Imagine, for example, if once each month or so your company's IT department send a legitimate-looking e-mail with a faux virus attached. Employees who "fall" for the e-mail would get a slightly embarrassing reminder not to click on unexpected e-mail attachments. In some more critical circumstances, failure in such random tests could impact an employees' annual review or raise. In a controlled test, Acquisti said, computer users were far more likely to learn safe computing behavior from this kind of random testing than traditional memos and warnings.
Not so easy to 'Fix the World'
After two days with 35 intense presentations each followed raucous question and answer sessions, things got strikingly quiet during the last panel, called "How Do We Fix the World." The topic of security ranges from keeping the family digital photos safe to keeping terrorists off airplanes. It also has no end-point. Terrorism researchers are plagued by the troubling question: "When will we know we've won the war on terror?" Security researchers face the same rhetorical problem.

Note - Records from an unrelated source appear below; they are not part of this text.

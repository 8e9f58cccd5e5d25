-- ===== src/Conf/Load.antt =====
-- The files of a configuration: `loadInternal`, `tryAbs` and `Abs` of pkg/conf/config.go, and
-- `LoadFileWithEnv` of parse.go. The file system, filepath and koanf are parts of the record Files.
use woocoo.Base.{Bool, true, false, List, [], ◌∷◌, Option, none, some, codes, Dict, if◌then◌else◌}
use woocoo.Web.{Text}
use woocoo.Conf.Env.{parse_env, try_load_env}

pub data LoadError : Type 0 where
  unreadable unloadable : Text → LoadError

-- A load that went on with a value, returned an error, or panicked for a missing file.
pub data Load (A : Type 0) : Type 0 where
  loaded : A → Load A
  load_failed : LoadError → Load A
  no_file : (path : Text) → Load A

module _ (K : Type 0) where
  pub record Files : Type 0 where
    pub is_abs : Text → Bool
    pub join_path : Text → Text → Text
    pub dir : Text → Text
    pub exists : Text → Bool
    -- `filepath.Abs` of a path in the working directory; `none` is its error.
    pub absolute : Text → Option Text
    pub read_file : Text → Option Text
    pub parse_env_file : Text → Option (Dict Text)
    pub variable : Dict Text → Text → Text
    pub load_bytes : K → Text → Option K
    pub strings : K → Text → Option (List Text)

  -- `tryAbs`: the path, and whether the file is there.
  abbrev found_at : Files → Option Text → Text → Text × Bool
  found_at fs none path = (path, false)
  found_at fs (some whole) path = (whole, fs.exists whole)

  unfoldable pub try_abs : Files → (basedir path : Text) → Text × Bool
  try_abs fs basedir path =
      if fs.is_abs path
      then (path, fs.exists path)
      else if fs.exists (fs.join_path basedir path)
      then (fs.join_path basedir path, true)
      else found_at fs (fs.absolute path) path

  -- `Abs`.
  unfoldable pub abs_path : Files → (basedir path : Text) → Text
  abs_path fs basedir [] = []
  abs_path fs basedir (c ∷ path) =
      if fs.is_abs (c ∷ path) then c ∷ path else fs.join_path basedir (c ∷ path)

  -- `LoadFileWithEnv`.
  unfoldable pub load_file_with_env : Files → Dict Text → K → Text → Load K
  load_file_with_env fs env k path = elim (fs.read_file path) [
    | none ↦ load_failed (unreadable path)
    | some bytes ↦ elim (fs.load_bytes k (parse_env (fs.variable env) bytes)) [
      | none ↦ load_failed (unloadable path)
      | some k' ↦ loaded k'
    ]
  ]

  -- The loop that makes the included files absolute.
  unfoldable pub include_paths : Files → (basedir : Text) → List Text → Load (List Text)
  unfolding try_abs
  include_paths fs basedir [] = loaded []
  include_paths fs basedir (v ∷ vs) =
      let (path, there) = try_abs fs basedir v in
      let rest = include_paths fs basedir vs in if there then with_path path rest else no_file path
    where
      with_path : Text → Load (List Text) → Load (List Text)
      with_path path (loaded paths) = loaded (path ∷ paths)
      with_path path (load_failed e) = load_failed e
      with_path path (no_file missing) = no_file missing

  -- The loop that loads them, one over the other.
  unfoldable pub attach_files : Files → Dict Text → K → List Text → Load K
  unfolding load_file_with_env
  attach_files fs env k [] = loaded k
  attach_files fs env k (path ∷ paths) = elim (load_file_with_env fs env k path) [
    | loaded k' ↦ attach_files fs env k' paths
    | load_failed e ↦ load_failed e
    | no_file missing ↦ no_file missing
  ]

  -- What follows the local file: the files of its key "includeFiles", or those of the options.
  abbrev attach_included : Files → Dict Text → K → Load (List Text) → Load K
  attach_included fs env k (loaded paths) = attach_files fs env k paths
  attach_included fs env k (load_failed e) = load_failed e
  attach_included fs env k (no_file missing) = no_file missing

  unfoldable pub load_included :
      Files → (basedir : Text) → (given : List Text) → Dict Text → K → Load K
  unfolding include_paths attach_files
  load_included fs basedir given env k = elim (fs.strings k (codes "includeFiles")) [
    | none ↦ attach_files fs env k given
    | some names ↦ attach_included fs env k (include_paths fs basedir names)
  ]

  -- `loadInternal`, from the parser: the files of the environment are read before the local file.
  unfoldable pub load_internal :
      Files → (basedir local_path : Text) → (given : List Text) → Dict Text → K → Load K
  unfolding load_included load_file_with_env
  load_internal fs basedir [] given env k = load_included fs basedir given env k
  load_internal fs basedir (c ∷ path) given env k =
      let env' =
        try_load_env fs.join_path fs.read_file fs.parse_env_file (fs.dir (c ∷ path)) [] env in
      elim (load_file_with_env fs env' k (c ∷ path)) [
        | loaded k' ↦ load_included fs basedir given env' k'
        | load_failed e ↦ load_failed e
        | no_file missing ↦ no_file missing
      ]
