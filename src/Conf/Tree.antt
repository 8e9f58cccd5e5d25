-- ===== src/Conf/Tree.antt =====
-- The configurations below a configuration, of pkg/conf/config.go, and `Parser.Sub` of parse.go. What
-- koanf keeps is the type K; its operations are parts of the record Koanf.
use woocoo.Base.{
  ◌≡◌, ap, Bool, true, false, not, ◌&&◌, List, [], ◌∷◌, ◌++◌, Option, none, some, if◌then◌else◌,
}
use woocoo.Web.{Text}

pub data ConfError : Type 0 where
  key_not_exists not_a_map : Text → ConfError
  index_out_of_range : ConfError

pub data Unless (A : Type 0) : Type 0 where
  gives : A → Unless A
  panics : ConfError → Unless A

-- `Join`; `none` is the panic of an index out of range.
abbrev pub dotted : Text → List Text → Text
dotted p [] = p
dotted p (q ∷ ps) = p ++ b'.' ∷ dotted q ps

abbrev pub join_keys : List Text → Option Text
join_keys [] = none
join_keys ([] ∷ ps) = join_keys ps
join_keys ((c ∷ p) ∷ ps) = some (dotted (c ∷ p) ps)

module _ (K : Type 0) where
  -- The operations of koanf that are used; `raw_keys` is in the order of the map.
  pub record Koanf : Type 0 where
    pub exists : K → Text → Bool
    pub cut : K → Text → K
    pub get_is_nil : K → Text → Bool
    pub slices : K → Text → List K
    pub map_keys : K → Text → List Text
    pub raw_keys : K → List Text
    pub keys : K → List Text

  -- A configuration without its root: the base directory and `Development` stay with it.
  pub record Node : Type 0 where
    pub operator : K
    pub basedir : Text
    pub development : Bool

  pub record Configuration : Type 0 where
    pub node : Node
    pub top : Option Node

  -- `Root`: the configuration itself where the field is nil.
  abbrev pub root : Configuration → Node
  root c = elim c.top [ none ↦ c.node | some n ↦ n ]

  abbrev pub is_nil_list : List Text → Bool
  is_nil_list [] = true
  is_nil_list (k ∷ ks) = false

  -- `Parser.Sub`.
  unfoldable pub sub_parser : Koanf → K → Text → Unless K
  sub_parser ops k key =
      if not (ops.exists k key)
      then panics (key_not_exists key)
      else if is_nil_list (ops.raw_keys (ops.cut k key)) && not (ops.get_is_nil k key)
      then panics (not_a_map key)
      else gives (ops.cut k key)

  -- `passRoot` after the parser has been replaced.
  abbrev pub below : Configuration → K → Configuration
  below c k = record { node = record c.node { operator = k }; top = some (root c) }

  abbrev with_parser : Configuration → Unless K → Unless Configuration
  with_parser c (panics e) = panics e
  with_parser c (gives k) = gives (below c k)

  unfoldable pub sub : Koanf → Configuration → Text → Unless Configuration
  unfolding sub_parser
  sub ops c [] = gives c
  sub ops c (p ∷ path) = with_parser c (sub_parser ops c.node.operator (p ∷ path))

  unfoldable pub cut_from_operator : Configuration → K → Configuration
  cut_from_operator c k = below c k

  -- `getRoot` in `Each`: the key of an item with one key.
  abbrev pub root_key : List Text → Text
  root_key (k ∷ []) = k
  root_key _ = []

  -- What `Each` hands to the callback for one item.
  unfoldable pub each_item : Koanf → Configuration → K → Text × Configuration
  unfolding cut_from_operator
  each_item ops c k = elim (root_key (ops.raw_keys k)) [
    | [] ↦ ([], cut_from_operator c k)
    | r ∷ name ↦ (
      r ∷ name,
      if is_nil_list (ops.keys (ops.cut k (r ∷ name)))
          then cut_from_operator c k
          else cut_from_operator c (ops.cut k (r ∷ name)),
    )
  ]

  abbrev each_of : Koanf → Configuration → List K → List (Text × Configuration)
  each_of ops c [] = []
  each_of ops c (k ∷ ks) = each_item ops c k ∷ each_of ops c ks

  -- The calls of the callback by `Each`.
  unfoldable pub each : Koanf → Configuration → Text → List (Text × Configuration)
  unfolding each_item
  each ops c path = each_of ops c (ops.slices c.node.operator path)

  abbrev sub_at : Koanf → Configuration → Option Text → Unless Configuration
  sub_at ops c none = panics index_out_of_range
  sub_at ops c (some path) = sub ops c path

  abbrev called : Text → Unless Configuration → Text × Unless Configuration
  called op c = (op, c)

  abbrev map_of : Koanf → Configuration → Text → List Text → List (Text × Unless Configuration)
  map_of ops c path [] = []
  map_of ops c path (op ∷ ops') =
      called op (sub_at ops c (join_keys (path ∷ op ∷ []))) ∷ map_of ops c path ops'

  -- The calls of the callback by `Map`, up to the first panic.
  unfoldable pub map_calls : Koanf → Configuration → Text → List (Text × Unless Configuration)
  unfolding sub
  map_calls ops c path = map_of ops c path (ops.map_keys c.node.operator path)

  -- A configuration below another has the root of the other.
  pub root-sub :
      (ops : Koanf) (c d : Configuration) (path : Text) → sub ops c path ≡ gives d → root d ≡ root c
  unfolding sub
  root-sub ops c d [] h = ap root (gives-eq h)
    where
      gives-eq : {a b : Configuration} → gives a ≡ gives b → b ≡ a
      gives-eq e = cc
  root-sub ops c d (p ∷ path) h = go (sub_parser ops c.node.operator (p ∷ path)) h
    where
      gives-eq : {a b : Configuration} → gives a ≡ gives b → b ≡ a
      gives-eq e = cc

      go : (r : Unless K) → with_parser c r ≡ gives d → root d ≡ root c
      go (panics e) e' = absurd cc
      go (gives k) e' = ap root (gives-eq e')
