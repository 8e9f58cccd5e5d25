-- ===== src/Conf/Tests.antt =====
-- Texts with variables, and the theorem about them; keys and files.
use woocoo.Base.{◌≡◌, refl, [], ◌∷◌, ◌++◌, Option, none, some, codes, same_text, if◌then◌else◌}
use woocoo.Web.{Text}
use woocoo.Conf.Env.{parse_env, try_load_env}
use woocoo.Conf.Expand.{Expands, parse_env_iff}
use woocoo.Conf.Tree.{join_keys}

abbrev variables : Text → Text
variables name = if same_text name (codes "A b") then codes "${A b}1" else []

abbrev source : Text
source = codes "x${ A b }y${}$${-}${c}"

expands : parse_env variables source ≡ codes "x${A b}1y${}$${-}"
unfolding parse_env
expands = refl

parse_env_iff_example :
    (Expands variables source (parse_env variables source)
      → parse_env variables source ≡ parse_env variables source)
    × (parse_env variables source ≡ parse_env variables source
        → Expands variables source (parse_env variables source))
parse_env_iff_example = parse_env_iff variables source (parse_env variables source)

skips_empty : join_keys ([] ∷ codes "a" ∷ codes "b" ∷ []) ≡ some (codes "a.b")
skips_empty = refl

no_keys : join_keys ([] ∷ []) ≡ none
no_keys = refl

abbrev joined : Text → Text → Text
joined dir name = dir ++ b'/' ∷ name

-- The local file goes before the general one.
abbrev files : Text → Option Text
files path =
    if same_text path (codes "d/.env")
    then some (codes "1")
    else if same_text path (codes "d/.env.local")
    then some (codes "2")
    else none

later_file :
    try_load_env joined files (λ bytes. some ((codes "K", bytes) ∷ [])) (codes "d") [] []
    ≡ (codes "K", codes "2") ∷ []
unfolding try_load_env
later_file = refl
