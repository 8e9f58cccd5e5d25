-- ===== src/Grpc.antt =====
-- The interceptors and the registry's helpers of rpc/grpcx.
--
-- The metadata of a request is what a Go map gives for a name: the names are in lower case, and a name
-- that is not there gives nothing.
pub mod Interceptor
pub mod Prefix
pub mod Authentic
pub mod Recovery
pub mod Service
mod Tests
use woocoo.Base.{List, Option}
use woocoo.Web.{Text}

abbrev pub Metadata : Type 0
Metadata = Text → Option (List Text)
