-- ===== src/Web/Extractor.antt =====
-- web/handler/extractor.go, and `ValuesFromHeader` of pkg/httpx/util.go. Texts are ASCII, so that a
-- length counts bytes. `canonical` is the function `CanonicalMIMEHeaderKey` of net/textproto.
pub mod Limit
use woocoo.Base.{
  ℕ, ◌+◌, Bool, true, false, not, ◌&&◌, List, [], ◌∷◌, ◌++◌, leb, ltb, ◌==◌, if◌then◌else◌, codes,
  same_text, split, to_lower, length, take, drop,
}
use woocoo.Web.{
  Text, Request, Result, ok, err, header_missing, header_invalid, query_missing, param_missing,
  cookie_missing, form_missing, bad_lookup, no_extractors,
}

-- `ExtractorLimit`.
abbrev pub extractor_limit : ℕ
extractor_limit = 20

-- `strings.EqualFold` on ASCII.
abbrev pub equal_fold : Text → Text → Bool
equal_fold a b = same_text (to_lower a) (to_lower b)

-- The loop of `ValuesFromHeader`, from the index `i` on.
pub scan_header : Text → ℕ → ℕ → List Text → List Text
scan_header prefix len i [] = []
scan_header prefix len i (v ∷ vs) =
    let rest = scan_header prefix len (i + 1) vs in
    let after = if leb 19 i then [] else rest in
    if len == 0
    then v ∷ after
    else if ltb len (length v) && equal_fold (take len v) prefix
    then drop len v ∷ after
    else rest

abbrev pub unless_empty : Result (List Text) → List Text → Result (List Text)
unless_empty e [] = e
unless_empty e (v ∷ vs) = ok (v ∷ vs)

abbrev pub from_values : Text → ℕ → List Text → Result (List Text)
from_values prefix len [] = err header_missing
from_values prefix len (v ∷ vs) =
    unless_empty (if ltb 0 len then err header_invalid else ok [])
      (scan_header prefix len 0 (v ∷ vs))

-- `ValuesFromHeader`.
unfoldable pub values_from_header : Request → Text → Text → ℕ → Result (List Text)
unfolding scan_header
values_from_header r header prefix len = from_values prefix len (r.header_values header)

-- The loop over the parameters and over the cookies, from the index `i` on.
pub scan_pairs : Text → ℕ → List (Text × Text) → List Text
scan_pairs name i [] = []
scan_pairs name i ((key, value) ∷ ps) =
    let rest = scan_pairs name (i + 1) ps in
    if same_text name key then value ∷ (if leb 19 i then [] else rest) else rest

abbrev pub limited : List Text → List Text
limited vs = if ltb 19 (length vs) then take extractor_limit vs else vs

-- The functions that `CreateExtractors` makes.
pub data Extractor : Type 0 where
  values_from_query values_from_param values_from_cookie values_from_form : Text → Extractor
  from_header : (header prefix : Text) → Extractor

unfoldable pub extract : Extractor → Request → Result (List Text)
unfolding values_from_header scan_pairs
extract (values_from_query name) r = unless_empty (err query_missing) (limited (r.query_array name))
extract (values_from_param name) r = unless_empty (err param_missing) (scan_pairs name 0 r.params)
extract (values_from_cookie name) r =
    unless_empty (err cookie_missing) (scan_pairs name 0 r.cookies)
extract (values_from_form name) r = unless_empty (err form_missing) (limited (r.form name))
extract (from_header header prefix) r = values_from_header r header prefix (length prefix)

abbrev pub ends_with_space : Text → Bool
ends_with_space [] = false
ends_with_space (x ∷ []) = x == b' '
ends_with_space (x ∷ y ∷ s) = ends_with_space (y ∷ s)

abbrev pub scheme_prefix : Text → Text
scheme_prefix scheme = if ends_with_space scheme then scheme else scheme ++ b' ' ∷ []

abbrev pub is_empty : Text → Bool
is_empty [] = true
is_empty (x ∷ s) = false

-- The prefix of a header's values: the third part if there is one.
abbrev pub header_prefix : Text → Text → List Text → Text
header_prefix scheme name (prefix ∷ more) = prefix
header_prefix scheme name [] =
    if not (is_empty scheme) && same_text name (codes "Authorization")
    then scheme_prefix scheme
    else []

module _ (canonical : Text → Text) where
  -- The switch over the kind of a source; another kind makes no extractor.
  abbrev pub add_extractor : Text → Text → Text → List Text → List Extractor → List Extractor
  add_extractor scheme kind name more es =
      if same_text kind (codes "query")
      then values_from_query name ∷ es
      else if same_text kind (codes "param")
      then values_from_param name ∷ es
      else if same_text kind (codes "cookie")
      then values_from_cookie name ∷ es
      else if same_text kind (codes "form")
      then values_from_form name ∷ es
      else if same_text kind (codes "header")
      then from_header (canonical name) (header_prefix scheme name more) ∷ es
      else es

  abbrev pub with_source : Text → List Text → Result (List Extractor) → Result (List Extractor)
  with_source scheme (kind ∷ name ∷ more) (ok es) = ok (add_extractor scheme kind name more es)
  with_source scheme (kind ∷ name ∷ more) (err e) = err e
  with_source scheme parts rest = err bad_lookup

  pub from_sources : Text → List Text → Result (List Extractor)
  from_sources scheme [] = ok []
  from_sources scheme (source ∷ sources) =
      with_source scheme (split b':' source) (from_sources scheme sources)

  abbrev pub at_least_one : Result (List Extractor) → Result (List Extractor)
  at_least_one (ok []) = err no_extractors
  at_least_one es = es

  unfoldable pub create_extractors : Text → Text → Result (List Extractor)
  unfolding from_sources
  create_extractors [] scheme = ok []
  create_extractors (c ∷ lookups) scheme =
      at_least_one (from_sources scheme (split b',' (c ∷ lookups)))
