-- ===== src/Grpc/Interceptor.antt =====
-- rpc/grpcx/interceptor/jwt.go. What golang-jwt makes of a text is the type Token, and a principal is
-- what security.NewGenericPrincipalByClaims makes of its claims.
use woocoo.Base.{
  ℕ, Bool, false, ◌&&◌, ◌||◌, List, [], ◌∷◌, Option, none, some, same_text, ltb, ◌==◌, length, take,
  drop, if◌then◌else◌,
}
use woocoo.Web.{Text}
use woocoo.Web.Extractor.{equal_fold, scheme_prefix}
use woocoo.Grpc.{Metadata}

-- `parsing_error` is an error of `ParseTokenFunc`.
pub data TokenError : Type 0 where
  token_missing bad_claims no_value no_value_with_prefix : TokenError
  parsing_error : ℕ → TokenError

pub data Extracted : Type 0 where
  texts : List Text → Extracted
  no_texts : TokenError → Extracted

pub data Parse (Token : Type 0) : Type 0 where
  read_token : Token → Parse Token
  no_token : ℕ → Parse Token

pub data Admission (Principal : Type 0) : Type 0 where
  admitted : Principal → Admission Principal
  rejected : TokenError → Admission Principal

-- The handler is called, with a principal in its context or with the context unchanged.
pub data Served (Principal : Type 0) : Type 0 where
  handles : Option Principal → Served Principal
  denied : TokenError → Served Principal

-- The text of a value behind the prefix of the length `len`, if it has the prefix.
abbrev pub strip_by : (len : ℕ) → (prefix v : Text) → Option Text
strip_by len prefix v =
    if len == 0
    then some v
    else if ltb len (length v) && equal_fold (take len v) prefix
    then some (drop len v)
    else none

abbrev pub strip : (prefix v : Text) → Option Text
strip prefix v = strip_by (length prefix) prefix v

-- The loop of `valuesFromMetadata` over the values of a name.
unfoldable pub scan_values : Text → List Text → List Text
scan_values prefix [] = []
scan_values prefix (v ∷ vs) = elim (strip prefix v) [
  | some a ↦ a ∷ scan_values prefix vs
  | none ↦ scan_values prefix vs
]

abbrev pub any_found : Text → List Text → Extracted
any_found prefix (v ∷ vs) = texts (v ∷ vs)
any_found prefix [] = no_texts (if ltb 0 (length prefix) then no_value_with_prefix else no_value)

unfoldable pub values_from_metadata : (key prefix : Text) → Option Metadata → Extracted
unfolding scan_values
values_from_metadata key prefix none = no_texts token_missing
values_from_metadata key prefix (some md) = elim (md key) [
  | none ↦ no_texts token_missing
  | some values ↦ any_found prefix (scan_values prefix values)
]

-- The prefix that `createExtractor` makes of the scheme.
abbrev pub prefix_of : Text → Text
prefix_of [] = []
prefix_of (c ∷ scheme) = scheme_prefix (c ∷ scheme)

abbrev pub any_text : List Text → Text → Bool
any_text [] s = false
any_text (x ∷ xs) s = same_text x s || any_text xs s

module _ (Token Principal : Type 0) where
  -- `JWTOptions`; `principal` gives nothing for claims that are no map.
  pub record JwtOptions : Type 0 where
    pub exclude : List Text
    pub token_lookup : Text
    pub auth_scheme : Text
    pub parse_token : Text → Parse Token
    pub principal : Token → Option Principal

  abbrev pub with_claims : Option Principal → Admission Principal
  with_claims none = rejected bad_claims
  with_claims (some p) = admitted p

  -- The loop of `withToken`, with `lastTokenErr`.
  unfoldable pub try_texts :
      JwtOptions → List Text → (last : Option TokenError) → Admission Principal
  try_texts o [] none = rejected token_missing
  try_texts o [] (some e) = rejected e
  try_texts o (s ∷ ss) last = elim (o.parse_token s) [
    | no_token e ↦ try_texts o ss (some (parsing_error e))
    | read_token token ↦ with_claims (o.principal token)
  ]

  unfoldable pub try_extracted : JwtOptions → Extracted → Admission Principal
  unfolding try_texts
  try_extracted o (no_texts e) = rejected token_missing
  try_extracted o (texts ss) = try_texts o ss none

  unfoldable pub with_token : JwtOptions → Option Metadata → Admission Principal
  unfolding values_from_metadata try_extracted
  with_token o md =
      try_extracted o (values_from_metadata o.token_lookup (prefix_of o.auth_scheme) md)

  abbrev pub served : Admission Principal → Served Principal
  served (rejected e) = denied e
  served (admitted p) = handles (some p)

  -- The function that `UnaryServerInterceptor` returns, and the one that `SteamServerInterceptor`
  -- returns, whose context is that of the stream.
  unfoldable pub unary_interceptor :
      JwtOptions → (full_method : Text) → Option Metadata → Served Principal
  unfolding with_token
  unary_interceptor o full_method md =
      if any_text o.exclude full_method then handles none else served (with_token o md)

  unfoldable pub stream_interceptor :
      JwtOptions → (full_method : Text) → Option Metadata → Served Principal
  unfolding with_token
  stream_interceptor o full_method md =
      if any_text o.exclude full_method then handles none else served (with_token o md)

But Aquisiti said he is hopeful this first-ever meeting will spur more interdisciplinary discussions. There was even talk of a "dating service," for researchers from different area to help them find each other ("I'm an economist studying the cost of antivirus software looking for a psychologist who is an expert in primal fear of predators.") Aquisiti was even hopeful a new field of study might be born. He struggled a bit to name it, however.
"Hmm…Perhaps the behavioral psychology of privacy and security," he said.
Or perhaps, they could just call it magic.